Department of Preventive Medicine, Keck School of Medicine and Norris Comprehensive Cancer Center, University of Southern California, Los Angeles, California, United States of America.
PLoS Genet. 2013 Mar;9(3):e1003419. doi: 10.1371/journal.pgen.1003419. Epub 2013 Mar 28.

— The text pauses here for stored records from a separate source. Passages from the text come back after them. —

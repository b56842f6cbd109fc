-- ===== src/Plan/Insight.antt =====
-- buildSummary, llmClientState, generatePromptInsight and refreshPlanRiskChangeInsight of
-- internal/controller/capacityplan_controller.go: one volume's summary, and when a text of the
-- language model is asked for again. A client answers a request with a text or an error. The latency
-- histogram, and the counters of a request by generatePromptInsight, are left out.
pub mod Context
pub mod Refresh
pub mod Budget
use capacity_planning_operat.Prelude.{
  Bool, true, false, ◌&&◌, ◌||◌, not, List, [], ◌∷◌, Option, none, some, if◌then◌else◌, length,
  get_last?,
}
use capacity_planning_operat.Prelude.Int.{ℤ, pos, ltb_ℤ, leb_ℤ, ◌-ℤ◌}
use capacity_planning_operat.Prelude.Text.{Str, bytes, is_empty, str_eq, trim_space}
use capacity_planning_operat.Prelude.Float.{Float64, nought}
use capacity_planning_operat.Analysis.RingBuffer.{Sample}
use capacity_planning_operat.Analysis.Growth.{GrowthResult, calculate_growth}
use capacity_planning_operat.Operator.{Series, increment}
use capacity_planning_operat.Api.{PvcSummary}
use capacity_planning_operat.Watcher.{Pvc}

-- The answer of a client; `error` says whether it is a timeout.
pub data Answer : Type 0 where
  text : Str → Answer
  error : Bool → Answer

unfoldable pub default_secret_key : Str → Str → Str
default_secret_key v fallback = if is_empty (trim_space v) then fallback else trim_space v

unfoldable pub default_llm_model_label : Str → Str
default_llm_model_label v = if is_empty (trim_space v) then bytes "default" else trim_space v

pub record PvcContext (F : Type 0) : Type 0 where
  pub namespace : Str
  pub name : Str
  pub growth : GrowthResult F
  pub used_bytes : ℤ
  pub capacity_bytes : ℤ
  pub alert_firing : Bool
  pub samples : List Sample

-- What a summary needs to know of the model that is configured.
pub record Model (F : Type 0) : Type 0 where
  pub client : Option (PvcContext F → Answer)
  pub provider : Str
  pub label : Str
  pub interval : ℤ
  pub only_alerting : Bool

-- The watcher's capacity, or else the one that the claim requests.
abbrev pub summary_capacity : Option ℤ → Pvc → ℤ
summary_capacity (some c) pvc = c
summary_capacity none pvc = elim pvc.requested [ some q ↦ q | none ↦ pos 0 ]

-- `lastLLMTime == nil || time.Since(lastLLMTime.Time) >= llmInterval`.
abbrev pub is_due : Option ℤ → ℤ → ℤ → Bool
is_due none now interval = true
is_due (some last) now interval = leb_ℤ interval (now -ℤ last)

module _ {F : Type 0} ⦃float : Float64 F⦄ where
  open float use {of_int, div, lt, le}

  -- The counters of a request, by its answer.
  unfoldable pub count_answer : Str → Str → Answer → Series F → Series F
  count_answer provider model (text s) m =
      increment (bytes "capacityplan_llm_requests_total" ∷ provider ∷ model ∷ []) m
  count_answer provider model (error timeout) m =
      let m₁ = increment (bytes "capacityplan_llm_requests_total" ∷ provider ∷ model ∷ []) m in
      let m₂ = increment (bytes "capacityplan_llm_errors_total" ∷ provider ∷ model ∷ []) m₁ in
      if timeout
      then increment (bytes "capacityplan_llm_timeouts_total" ∷ provider ∷ model ∷ []) m₂
      else m₂

  abbrev latest_use : Option Sample → PvcSummary F → ℤ × Option ℤ
  latest_use none prev = (prev.used_bytes, prev.last_sample_time)
  latest_use (some s) prev = (s.used_bytes, some s.timestamp)

  abbrev pub fills_within : Option F → F → Bool
  fills_within none threshold = false
  fills_within (some d) threshold = lt d threshold

  -- The summary with the text and the time of the previous one.
  unfoldable pub measure :
      Str → Str → Pvc → Option ℤ → List Sample → F → F → PvcSummary F → PvcSummary F
  measure namespace name pvc from_watcher samples usage_threshold days_threshold prev =
      let capacity = summary_capacity from_watcher pvc in
      let growth = calculate_growth samples capacity in
      let (used, time) = latest_use (get_last? samples) prev in
      let ratio = if ltb_ℤ (pos 0) capacity then div (of_int used) (of_int capacity) else nought in
      record {
        namespace = namespace;
        name = name;
        capacity_bytes = capacity;
        used_bytes = used;
        usage_ratio = ratio;
        growth_bytes_per_day = growth.growth_bytes_per_day;
        days_until_full = growth.days_until_full;
        confidence_r2 = growth.confidence_r2;
        samples_count = length samples;
        last_sample_time = time;
        llm_insight = prev.llm_insight;
        last_llm_time = prev.last_llm_time;
        alert_firing =
            le usage_threshold ratio || fills_within growth.days_until_full days_threshold;
      }

  with_answer : PvcSummary F → ℤ → Answer → PvcSummary F
  with_answer s now (error timeout) = s
  with_answer s now (text t) = record s { llm_insight = t; last_llm_time = some now }

  pub context_of : PvcSummary F → List Sample → PvcContext F
  context_of s samples = record {
    namespace = s.namespace;
    name = s.name;
    growth = calculate_growth samples s.capacity_bytes;
    used_bytes = s.used_bytes;
    capacity_bytes = s.capacity_bytes;
    alert_firing = s.alert_firing;
    samples = samples;
  }

  -- The request to the client, at the times before and after it.
  ask :
      PvcSummary F
      → List Sample
      → Model F
      → Option (PvcContext F → Answer)
      → ℤ
      → ℤ
      → Series F
      → PvcSummary F × Series F
  unfolding with_answer context_of
  ask s samples model none before after m = (s, m)
  ask s samples model (some client) before after m =
      let answer = client (context_of s samples) in
      if (model.only_alerting && not s.alert_firing)
        || not (is_due s.last_llm_time before model.interval)
      then (s, m)
      else (with_answer s after answer, count_answer model.provider model.label answer m)

  unfoldable pub build_summary :
      Str
      → Str
      → Pvc
      → Option ℤ
      → List Sample
      → F
      → F
      → Model F
      → PvcSummary F
      → ℤ
      → ℤ
      → Series F
      → PvcSummary F × Series F
  unfolding ask
  build_summary namespace name pvc from_watcher samples usage_threshold days_threshold model prev
        before after m =
      let s = measure namespace name pvc from_watcher samples usage_threshold days_threshold prev in
      ask s samples model model.client before after m

-- `llmClientState`; of its client, whether there is one and whether it takes prompts.
pub record LlmClientState : Type 0 where
  pub has_client : Bool
  pub takes_prompts : Bool
  pub provider : Str
  pub model : Str
  pub interval : ℤ
  pub now : ℤ
  pub prev_hash : Str
  pub curr_hash : Str
  pub prev_text : Str
  pub prev_time : Option ℤ
  pub is_enabled : Bool

abbrev is_stale : LlmClientState → Option ℤ → Bool
is_stale s none = true
is_stale s (some prev) = leb_ℤ s.interval (pos 0) || leb_ℤ s.interval (s.now -ℤ prev)

unfoldable pub should_refresh : LlmClientState → Bool
should_refresh s =
    if not s.is_enabled || not s.has_client
    then false
    else (if str_eq (trim_space s.prev_hash) (trim_space s.curr_hash)
        then is_stale s s.prev_time
        else true)

-- The trimmed text of a prompt's answer; an error and an empty text give none.
unfoldable pub generate_prompt_insight : Answer → Option Str
generate_prompt_insight (error timeout) = none
generate_prompt_insight (text t) = if is_empty (trim_space t) then none else some (trim_space t)

abbrev pub refreshed : Option Str → Str → LlmClientState → Str × Option ℤ
refreshed none summary s = (summary, s.prev_time)
refreshed (some t) summary s = (t, some s.now)

-- The previous text, or else the summary of the changes that the controller writes itself.
abbrev pub standing_text : LlmClientState → Str → Str
standing_text s change_summary =
    if is_empty (trim_space s.prev_text) then trim_space change_summary else trim_space s.prev_text

-- `answer` is what the client would say to the prompt.
unfoldable pub refresh_plan_risk_change_insight : LlmClientState → Str → Answer → Str × Option ℤ
unfolding should_refresh generate_prompt_insight
refresh_plan_risk_change_insight s change_summary answer =
    let summary = standing_text s change_summary in
    if not s.is_enabled || not s.has_client
    then (trim_space s.prev_text, s.prev_time)
    else (if not (should_refresh s) || not s.takes_prompts
        then (summary, s.prev_time)
        else refreshed (generate_prompt_insight answer) summary s)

Rare variation in protein coding sequence is poorly captured by GWAS arrays and has been hypothesized to contribute to disease heritability. Using the Illumina HumanExome SNP array, we successfully genotyped 191,032 common and rare non-synonymous, splice site, or nonsense variants in a multiethnic sample of 2,984 breast cancer cases, 4,376 prostate cancer cases, and 7,545 controls. In breast cancer, the strongest associations included either SNPs in or gene burden scores for genes LDLRAD1, SLC19A1, FGFBP3, CASP5, MMAB, SLC16A6, and INS-IGF2. In prostate cancer, one of the most associated SNPs was in the gene GPRC6A (rs2274911, Pro91Ser, OR = 0.88, P = 1.3 × 10(-5)) near to a known risk locus for prostate cancer; other suggestive associations were noted in genes such as F13A1, ANXA4, MANSC1, and GP6. For both breast and prostate cancer, several of the most significant associations involving SNPs or gene burden scores (sum of minor alleles) were noted in genes previously reported to be associated with a cancer-related phenotype. However, only one of the associations (rs145889899 in LDLRAD1, p = 2.5 × 10(-7) only seen in African Americans) for overall breast or prostate cancer risk was statistically significant after correcting for multiple comparisons. In addition to breast and prostate cancer, other cancer-related traits were examined (body mass index, PSA level, and alcohol drinking) with a number of known and potentially novel associations described. In general, these findings do not support there being many protein coding variants of moderate to high risk for breast and prostate cancer with odds ratios over a range that is probably required for protein coding variation to play a truly outstanding role in risk heritability. Very large sample sizes will be required to better define the role of rare and less penetrant coding variation in prostate and breast cancer disease genetics.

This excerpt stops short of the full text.